[Stored data]

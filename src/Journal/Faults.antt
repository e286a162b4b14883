-- ===== src/Journal/Faults.antt =====
-- What the journal shows of a fault.
use bmw_e9x_remote_control.Common.{
  ℕ, ◌-◌, ◌≡◌, ◌≢◌, ◌∙◌, refl, sym, Bool, true, false, not, ◌&&◌, some, if◌then◌else◌, if-either,
  arith,
}
use bmw_e9x_remote_control.Domain.{VehicleState}
use bmw_e9x_remote_control.Controller.Types.{ControllerState, Event, Decision, Controller}
use bmw_e9x_remote_control.Controller.Handler.{handle}
use bmw_e9x_remote_control.Controller.Outputs.{handle-decision}
use bmw_e9x_remote_control.Journal.Ring.{
  DiagnosticRecord, DiagnosticRecordType, DiagnosticReason, DiagnosticJournal, append, read,
}
use bmw_e9x_remote_control.Journal.Records.{
  observe, make_record, fault_reason, same_state, rejection_reason, is_reason, is_command,
  command_record,
}
use bmw_e9x_remote_control.Journal.Window.{IsRing, append-IsRing, numbered, read-append_last}

append_if-IsRing :
    (found : Bool) (j : DiagnosticJournal) (q : DiagnosticRecord)
    → IsRing j
    → IsRing (if found then append j q else j)
append_if-IsRing found j q h = if-either IsRing found (append-IsRing j q h) h

read_appended :
    (found : Bool) (j : DiagnosticJournal) (q : DiagnosticRecord)
    → found ≡ true
    → IsRing j
    → let j' = if found then append j q else j in read j' (j'.size - 1) ≡ some (numbered j q)
read_appended true j q h ring = read-append_last j q ring
read_appended false j q h ring = cc

-- The record of a fault, among those that one decision leaves, comes last.
observe_fault :
    (j : DiagnosticJournal) (e : Event) (d : Decision) (timestamp_ms : ℕ)
    → IsRing j
    → (same_state d.state ControllerState.fault
        && not (same_state d.previous_state ControllerState.fault))
      ≡ true
    → (q : DiagnosticRecord) × (read
          (observe j e d timestamp_ms)
          ((observe j e d timestamp_ms).size - 1)
        ≡ some q)
      × (q.type ≡ DiagnosticRecordType.fault_entered)
      × (q.fault ≡ d.fault)
      × (q.previous_state ≡ d.previous_state)
      × (q.trigger ≡ e.type)
      × (q.timestamp_ms ≡ timestamp_ms)
unfolding observe
observe_fault j e d timestamp_ms h entered =
    let before = append_if-IsRing (is_command e.type) j (command_record e d timestamp_ms) h in
    let moved =
      append_if-IsRing (not (same_state d.previous_state d.state)) _
        (make_record DiagnosticRecordType.state_transition e.type d DiagnosticReason.none
          timestamp_ms)
        before in
    let rejected =
      append_if-IsRing (is_reason (rejection_reason d)) _
        (make_record DiagnosticRecordType.request_rejected e.type d (rejection_reason d)
          timestamp_ms)
        moved in
    let q =
      make_record DiagnosticRecordType.fault_entered e.type d (fault_reason d.fault) timestamp_ms in
    (_, read_appended _ _ q entered rejected, refl, refl, refl, refl, refl)

not_fault :
    (s : ControllerState) → s ≢ ControllerState.fault → same_state s ControllerState.fault ≡ false
not_fault ControllerState.fault h = absurd (h refl)
not_fault _ h = refl

-- Once an event has led the controller into the fault state, the newest record of a well-formed
-- journal is that of the fault, with its code, its trigger, the state before it and the time.
pub fault_is_journaled :
    (c : Controller) (e : Event) (v : VehicleState) (j : DiagnosticJournal) (timestamp_ms : ℕ)
    → IsRing j
    → c.state ≢ ControllerState.fault
    → (handle c e v).controller.state ≡ ControllerState.fault
    → let j' = observe j e (handle c e v).decision timestamp_ms in
      (q : DiagnosticRecord) × (read j' (j'.size - 1) ≡ some q)
      × (q.type ≡ DiagnosticRecordType.fault_entered)
      × (q.fault ≡ (handle c e v).controller.fault)
      × (q.previous_state ≡ c.state)
      × (q.trigger ≡ e.type)
      × (q.timestamp_ms ≡ timestamp_ms)
fault_is_journaled c e v j timestamp_ms ring outside inside =
    let d = (handle c e v).decision in
    let (_, same_previous, _, same_state_after, same_fault, _, _, _) = handle-decision c e v in
    let now_in : same_state d.state ControllerState.fault ≡ true =
      rw (same_state_after ∙ inside) refl in
    let was_out : same_state d.previous_state ControllerState.fault ≡ false =
      not_fault d.previous_state (λ h. outside (sym same_previous ∙ h)) in
    let entered : (same_state d.state ControllerState.fault
          && not (same_state d.previous_state ControllerState.fault))
        ≡ true =
      ground (arith, now_in, was_out) in
    let (q, newest, type_is, fault_is, previous_is, trigger_is, time_is) =
      observe_fault j e d timestamp_ms ring entered in
    (q, newest, type_is, fault_is ∙ same_fault, previous_is ∙ same_previous, trigger_is, time_is)
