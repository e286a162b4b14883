-- ===== src/Lock.antt =====
-- The trigger of a remote start: several presses of the lock button in time
-- (`Sequence`, from include/bmw_remote/application/lock_sequence_detector.hpp and
-- src/application/lock_sequence_detector.cpp), each admitted by a gate that checks its evidence
-- (`Gate`, from lock_command_gate.hpp and lock_command_gate.cpp). What holds of the detector is in
-- `Presses`, of the gate in `Admission` and `History`, and of everything presented in `Trace`. `Can`
-- makes the evidence from the frames of the CAN bus.
pub mod Sequence
pub mod Presses
pub mod Gate
pub mod Admission
pub mod History
pub mod Trace
pub mod Can
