-- ===== src/Lock/Sequence.antt =====
-- lock_sequence_detector.hpp and lock_sequence_detector.cpp. Timestamps are `std::uint32_t`, and
-- their differences wrap.
use bmw_e9x_remote_control.Common.{
  ℕ, ◌+◌, ◌-◌, ◌*◌, ◌%◌, Bool, true, false, not, ◌&&◌, ◌||◌, ltb, leb, ◌==◌, if◌then◌else◌, sub32,
}

pub record LockSequenceConfig : Type 0 where
  pub required_presses : ℕ  -- uint8_t
  pub minimum_gap_ms : ℕ
  pub maximum_gap_ms : ℕ
  pub maximum_sequence_ms : ℕ

abbrev pub default_config : LockSequenceConfig
default_config = record {
  required_presses = 3;
  minimum_gap_ms = 80;
  maximum_gap_ms = 1500;
  maximum_sequence_ms = 3000;
}

pub data LockPressResult : Type 0 where
  accepted sequence_completed sequence_restarted : LockPressResult
  ignored_debounce invalid_configuration : LockPressResult

pub record LockSequenceDetector : Type 0 where
  pub config : LockSequenceConfig
  pub first_press_timestamp_ms : ℕ
  pub last_press_timestamp_ms : ℕ
  pub press_count : ℕ  -- uint8_t

-- `configIsValid`. The product is of a byte and a 32-bit word, which 64 bits hold.
abbrev pub sequence_config_is_valid : LockSequenceConfig → Bool
sequence_config_is_valid c =
    let required_intervals = if c.required_presses == 0 then 0 else c.required_presses - 1 in
    let minimum_sequence_time = required_intervals * c.minimum_gap_ms in
    not (c.required_presses == 0)
    && leb c.minimum_gap_ms c.maximum_gap_ms
    && leb c.maximum_gap_ms c.maximum_sequence_ms
    && leb minimum_sequence_time c.maximum_sequence_ms

abbrev pub reset_detector : LockSequenceDetector → LockSequenceDetector
reset_detector d = record d {
  first_press_timestamp_ms = 0;
  last_press_timestamp_ms = 0;
  press_count = 0;
}

-- The constructor.
abbrev pub new_detector : LockSequenceConfig → LockSequenceDetector
new_detector c = record {
  config = c;
  first_press_timestamp_ms = 0;
  last_press_timestamp_ms = 0;
  press_count = 0;
}

-- The first press of a sequence.
abbrev pub start_at : LockSequenceDetector → ℕ → LockSequenceDetector
start_at d t = record d {
  first_press_timestamp_ms = t;
  last_press_timestamp_ms = t;
  press_count = 1;
}

-- The end of `observe`, after a press was counted.
abbrev pub settle : LockSequenceDetector → LockPressResult → LockSequenceDetector × LockPressResult
settle d result =
    if ltb d.press_count d.config.required_presses
    then (d, result)
    else (reset_detector d, LockPressResult.sequence_completed)

unfoldable pub observe : LockSequenceDetector → ℕ → LockSequenceDetector × LockPressResult
observe d t =
    let since_last_press = sub32 t d.last_press_timestamp_ms in
    let since_first_press = sub32 t d.first_press_timestamp_ms in
    if not (sequence_config_is_valid d.config)
    then (reset_detector d, LockPressResult.invalid_configuration)
    else if d.press_count == 0
    then settle (start_at d t) LockPressResult.accepted
    else if ltb since_last_press d.config.minimum_gap_ms
    then (d, LockPressResult.ignored_debounce)
    else if ltb d.config.maximum_gap_ms since_last_press
        || ltb d.config.maximum_sequence_ms since_first_press
    then settle (start_at d t) LockPressResult.sequence_restarted
    else settle (record d { last_press_timestamp_ms = t; press_count = (d.press_count + 1) % 256 })
        LockPressResult.accepted

-- `observeLockPress`.
unfoldable pub observe_lock_press : LockSequenceDetector → ℕ → LockSequenceDetector × Bool
unfolding observe
observe_lock_press d t =
    let (d', result) = observe d t in
    (d', elim result [ LockPressResult.sequence_completed ↦ true | _ ↦ false ])
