-- ===== src/Lock/Gate.antt =====
-- lock_command_gate.hpp and lock_command_gate.cpp: the checks on the evidence of a lock press.
use bmw_e9x_remote_control.Common.{
  ℕ, ◌-◌, ◌*◌, Bool, true, false, not, ◌&&◌, ◌||◌, ltb, leb, ◌==◌, if◌then◌else◌, sub32,
  strictly_newer,
}
use bmw_e9x_remote_control.Lock.Sequence.{
  LockSequenceConfig, LockSequenceDetector, LockPressResult, observe, reset_detector, new_detector,
  default_config,
}

pub data LockCommandSource : Type 0 where
  unspecified vehicle_adapter synthetic_test : LockCommandSource

pub data LockCommandTrust : Type 0 where
  unverified candidate verified : LockCommandTrust

pub record LockCommandEvidence : Type 0 where
  pub source : LockCommandSource
  pub trust : LockCommandTrust
  pub source_sequence : ℕ
  pub observed_at_ms : ℕ
  pub vehicle_secured : Bool

pub data LockCommandStatus : Type 0 where
  press_accepted sequence_restarted remote_start_requested : LockCommandStatus
  rejected_invalid_configuration rejected_untrusted_source : LockCommandStatus
  rejected_synthetic_source rejected_vehicle_not_secured : LockCommandStatus
  rejected_stale_evidence rejected_future_evidence : LockCommandStatus
  rejected_duplicate_sequence rejected_out_of_order_sequence : LockCommandStatus
  rejected_non_monotonic_evidence rejected_clock_regression rejected_timing : LockCommandStatus

-- `LockCommandDecision::accepted`. A decision is its status.
abbrev pub status_accepted : LockCommandStatus → Bool
status_accepted LockCommandStatus.press_accepted = true
status_accepted LockCommandStatus.sequence_restarted = true
status_accepted LockCommandStatus.remote_start_requested = true
status_accepted _ = false

pub record LockCommandGateConfig : Type 0 where
  pub sequence : LockSequenceConfig
  pub maximum_evidence_age_ms : ℕ
  pub allow_synthetic_source : Bool

-- `LockCommandGateConfig{}`.
abbrev pub default_gate_config : LockCommandGateConfig
default_gate_config = record {
  sequence = default_config;
  maximum_evidence_age_ms = 500;
  allow_synthetic_source = false;
}

-- `MaximumEvidenceAgeLimitMs`.
abbrev pub maximum_evidence_age_limit_ms : ℕ
maximum_evidence_age_limit_ms = 5000

pub record LockCommandGate : Type 0 where
  pub config : LockCommandGateConfig
  pub detector : LockSequenceDetector
  pub last_now_ms : ℕ
  pub last_source_sequence : ℕ
  pub last_evidence_timestamp_ms : ℕ
  pub clock_initialized : Bool
  pub evidence_initialized : Bool

-- The constructor.
abbrev pub new_gate : LockCommandGateConfig → LockCommandGate
new_gate config = record {
  config = config;
  detector = new_detector config.sequence;
  last_now_ms = 0;
  last_source_sequence = 0;
  last_evidence_timestamp_ms = 0;
  clock_initialized = false;
  evidence_initialized = false;
}

-- `isFuture`.
abbrev pub is_future : ℕ → ℕ → Bool
is_future timestamp now_ms = not (timestamp == now_ms) && strictly_newer timestamp now_ms

-- `configIsValid`, which repeats the detector's test.
abbrev pub gate_config_is_valid : LockCommandGateConfig → Bool
gate_config_is_valid c =
    let s = c.sequence in
    let required_intervals = if s.required_presses == 0 then 0 else s.required_presses - 1 in
    let minimum_sequence_time = required_intervals * s.minimum_gap_ms in
    not (s.required_presses == 0)
    && leb s.minimum_gap_ms s.maximum_gap_ms
    && leb s.maximum_gap_ms s.maximum_sequence_ms
    && leb minimum_sequence_time s.maximum_sequence_ms
    && not (c.maximum_evidence_age_ms == 0)
    && leb c.maximum_evidence_age_ms maximum_evidence_age_limit_ms

abbrev pub reset_gate : LockCommandGate → LockCommandGate
reset_gate g = record g {
  detector = reset_detector g.detector;
  last_now_ms = 0;
  last_source_sequence = 0;
  last_evidence_timestamp_ms = 0;
  clock_initialized = false;
  evidence_initialized = false;
}

-- `reject`: the presses counted so far are forgotten.
abbrev pub reject : LockCommandGate → LockCommandStatus → LockCommandGate × LockCommandStatus
reject g status = (record g { detector = reset_detector g.detector }, status)

abbrev pub is_verified : LockCommandTrust → Bool
is_verified LockCommandTrust.verified = true
is_verified _ = false

abbrev pub is_unspecified : LockCommandSource → Bool
is_unspecified LockCommandSource.unspecified = true
is_unspecified _ = false

abbrev pub is_synthetic : LockCommandSource → Bool
is_synthetic LockCommandSource.synthetic_test = true
is_synthetic _ = false

-- The `switch` on the detector's result.
abbrev pub conclude : LockCommandGate → LockPressResult → LockCommandGate × LockCommandStatus
conclude g LockPressResult.accepted = (g, LockCommandStatus.press_accepted)
conclude g LockPressResult.sequence_completed = (g, LockCommandStatus.remote_start_requested)
conclude g LockPressResult.sequence_restarted = (g, LockCommandStatus.sequence_restarted)
conclude g LockPressResult.ignored_debounce = (g, LockCommandStatus.rejected_timing)
conclude g LockPressResult.invalid_configuration =
    reject g LockCommandStatus.rejected_invalid_configuration

-- The last part of `process`: the evidence is taken, and its press is observed.
unfoldable pub take_evidence :
    LockCommandGate → LockCommandEvidence → LockCommandGate × LockCommandStatus
take_evidence g evidence =
    let (d, result) = observe g.detector evidence.observed_at_ms in
    conclude
      (record g {
        detector = d;
        last_source_sequence = evidence.source_sequence;
        last_evidence_timestamp_ms = evidence.observed_at_ms;
        evidence_initialized = true;
      })
      result

-- The part of `process` that compares with the last evidence taken.
unfoldable pub check_order :
    LockCommandGate → LockCommandEvidence → LockCommandGate × LockCommandStatus
check_order g evidence =
    if not g.evidence_initialized
    then take_evidence g evidence
    else if evidence.source_sequence == g.last_source_sequence
    then reject g LockCommandStatus.rejected_duplicate_sequence
    else if not (strictly_newer evidence.source_sequence g.last_source_sequence)
    then reject g LockCommandStatus.rejected_out_of_order_sequence
    else if evidence.observed_at_ms == g.last_evidence_timestamp_ms
        || not (strictly_newer evidence.observed_at_ms g.last_evidence_timestamp_ms)
    then reject g LockCommandStatus.rejected_non_monotonic_evidence
    else take_evidence g evidence

-- The part of `process` that judges the evidence by itself, once the clock is accepted.
unfoldable pub check_evidence :
    LockCommandGate → LockCommandEvidence → ℕ → LockCommandGate × LockCommandStatus
check_evidence g evidence now_ms =
    if not (is_verified evidence.trust) || is_unspecified evidence.source
    then reject g LockCommandStatus.rejected_untrusted_source
    else if is_synthetic evidence.source && not g.config.allow_synthetic_source
    then reject g LockCommandStatus.rejected_synthetic_source
    else if not evidence.vehicle_secured
    then reject g LockCommandStatus.rejected_vehicle_not_secured
    else if is_future evidence.observed_at_ms now_ms
    then reject g LockCommandStatus.rejected_future_evidence
    else if ltb g.config.maximum_evidence_age_ms (sub32 now_ms evidence.observed_at_ms)
    then reject g LockCommandStatus.rejected_stale_evidence
    else check_order g evidence

unfoldable pub process :
    LockCommandGate → LockCommandEvidence → ℕ → LockCommandGate × LockCommandStatus
process g evidence now_ms =
    if not (gate_config_is_valid g.config)
    then reject g LockCommandStatus.rejected_invalid_configuration
    else if g.clock_initialized
        && not (now_ms == g.last_now_ms)
        && not (strictly_newer now_ms g.last_now_ms)
    then reject g LockCommandStatus.rejected_clock_regression
    else check_evidence (record g { last_now_ms = now_ms; clock_initialized = true }) evidence
        now_ms
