-- ===== src/Lock/Admission.antt =====
-- What the gate admits.
use bmw_e9x_remote_control.Common.{
  ℕ, ◌≤◌, ◌≡◌, ◌≢◌, ◌⊎◌, inl, inr, true, false, Bool-cases, sub32, strictly_newer, arith,
}
use bmw_e9x_remote_control.Lock.Gate.{
  LockCommandSource, LockCommandTrust, LockCommandEvidence, LockCommandGate, status_accepted,
  process, take_evidence, check_order, check_evidence,
}

-- Evidence that may count: verified, from a source the gate allows, of a secured vehicle, neither
-- from the future nor too old, and newer than the last evidence taken.
pub record IsAdmissible (g : LockCommandGate) (e : LockCommandEvidence) (now_ms : ℕ) : Type 0 where
  pub trusted : e.trust ≡ LockCommandTrust.verified
  pub known_source : e.source ≢ LockCommandSource.unspecified
  pub allowed_source :
      e.source ≡ LockCommandSource.synthetic_test → g.config.allow_synthetic_source ≡ true
  pub secured : e.vehicle_secured ≡ true
  pub not_future : (e.observed_at_ms ≡ now_ms) ⊎ (strictly_newer e.observed_at_ms now_ms ≡ false)
  pub recent : sub32 now_ms e.observed_at_ms ≤ g.config.maximum_evidence_age_ms
  pub newer :
      g.evidence_initialized ≡ true
      → (strictly_newer e.source_sequence g.last_source_sequence ≡ true)
        × (strictly_newer e.observed_at_ms g.last_evidence_timestamp_ms ≡ true)

-- The evidence is the last one taken.
pub record Remembers (g : LockCommandGate) (e : LockCommandEvidence) : Type 0 where
  pub sequence : g.last_source_sequence ≡ e.source_sequence
  pub timestamp : g.last_evidence_timestamp_ms ≡ e.observed_at_ms
  pub initialized : g.evidence_initialized ≡ true

take_evidence-Remembers :
    (g : LockCommandGate) (e : LockCommandEvidence) → Remembers (take_evidence g e).0 e
unfolding take_evidence
take_evidence-Remembers g e = ground arith

check_order_accepted :
    (g : LockCommandGate) (e : LockCommandEvidence)
    → status_accepted (check_order g e).1 ≡ true
    → Remembers (check_order g e).0 e
      × (g.evidence_initialized ≡ true
          → (strictly_newer e.source_sequence g.last_source_sequence ≡ true)
            × (strictly_newer e.observed_at_ms g.last_evidence_timestamp_ms ≡ true))
unfolding check_order
check_order_accepted g e h = ground (arith, take_evidence-Remembers g e)

check_evidence_accepted :
    (g : LockCommandGate) (e : LockCommandEvidence) (now_ms : ℕ)
    → status_accepted (check_evidence g e now_ms).1 ≡ true
    → (status_accepted (check_order g e).1 ≡ true)
      × (check_evidence g e now_ms ≡ check_order g e)
      × (e.trust ≡ LockCommandTrust.verified)
      × (e.source ≢ LockCommandSource.unspecified)
      × (e.source ≡ LockCommandSource.synthetic_test → g.config.allow_synthetic_source ≡ true)
      × (e.vehicle_secured ≡ true)
      × ((e.observed_at_ms ≡ now_ms) ⊎ (strictly_newer e.observed_at_ms now_ms ≡ false))
      × (sub32 now_ms e.observed_at_ms ≤ g.config.maximum_evidence_age_ms)
unfolding check_evidence
check_evidence_accepted g e now_ms h = ground arith

abbrev at_time : LockCommandGate → ℕ → LockCommandGate
at_time g now_ms = record g { last_now_ms = now_ms; clock_initialized = true }

process_accepted :
    (g : LockCommandGate) (e : LockCommandEvidence) (now_ms : ℕ)
    → status_accepted (process g e now_ms).1 ≡ true
    → (status_accepted (check_evidence (at_time g now_ms) e now_ms).1 ≡ true)
      × (process g e now_ms ≡ check_evidence (at_time g now_ms) e now_ms)
unfolding process
process_accepted g e now_ms h = ground arith

-- Evidence that is accepted was admissible, and it is remembered as the last evidence taken.
pub accepted-IsAdmissible :
    (g : LockCommandGate) (e : LockCommandEvidence) (now_ms : ℕ)
    → status_accepted (process g e now_ms).1 ≡ true
    → IsAdmissible g e now_ms × Remembers (process g e now_ms).0 e
accepted-IsAdmissible g e now_ms h =
    let (a, p) = process_accepted g e now_ms h in
    let (b, q, trusted, known_source, allowed, secured, not_future, recent) =
      check_evidence_accepted (at_time g now_ms) e now_ms a in
    let (remembers, newer) = check_order_accepted (at_time g now_ms) e b in
    (
      record {
        trusted = trusted;
        known_source = known_source;
        allowed_source = allowed;
        secured = secured;
        not_future = not_future;
        recent = recent;
        newer = newer;
      },
      rw (p, q) remembers,
    )

not-newer_self : (n : ℕ) → strictly_newer n n ≡ false
unfolding strictly_newer
not-newer_self n = ground arith

-- Evidence that was accepted once is rejected when it is presented again, at whatever time.
pub replay_rejected :
    (g : LockCommandGate) (e : LockCommandEvidence) (now_ms later_ms : ℕ)
    → status_accepted (process g e now_ms).1 ≡ true
    → status_accepted (process (process g e now_ms).0 e later_ms).1 ≡ false
replay_rejected g e now_ms later_ms h =
    let g' = (process g e now_ms).0 in
    let r = (accepted-IsAdmissible g e now_ms h).1 in
    elim (Bool-cases (status_accepted (process g' e later_ms).1)) [
      | inl again ↦
          let newer = ((accepted-IsAdmissible g' e later_ms again).0.newer r.initialized).0 in
          absurd (clash newer r.sequence)
      | inr refused ↦ refused
    ]
  where
    clash :
        strictly_newer e.source_sequence (process g e now_ms).0.last_source_sequence ≡ true
        → (process g e now_ms).0.last_source_sequence ≡ e.source_sequence
        → ⊥
    clash newer same = cc (not-newer_self e.source_sequence)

[/Stored data]

> **Action item**
Look through the entries and copy every line in which the string "checks" appears.

> **Written reply**
-- src/application/lock_sequence_detector.cpp), each admitted by a gate that checks its evidence
-- lock_command_gate.hpp and lock_command_gate.cpp: the checks on the evidence of a lock press.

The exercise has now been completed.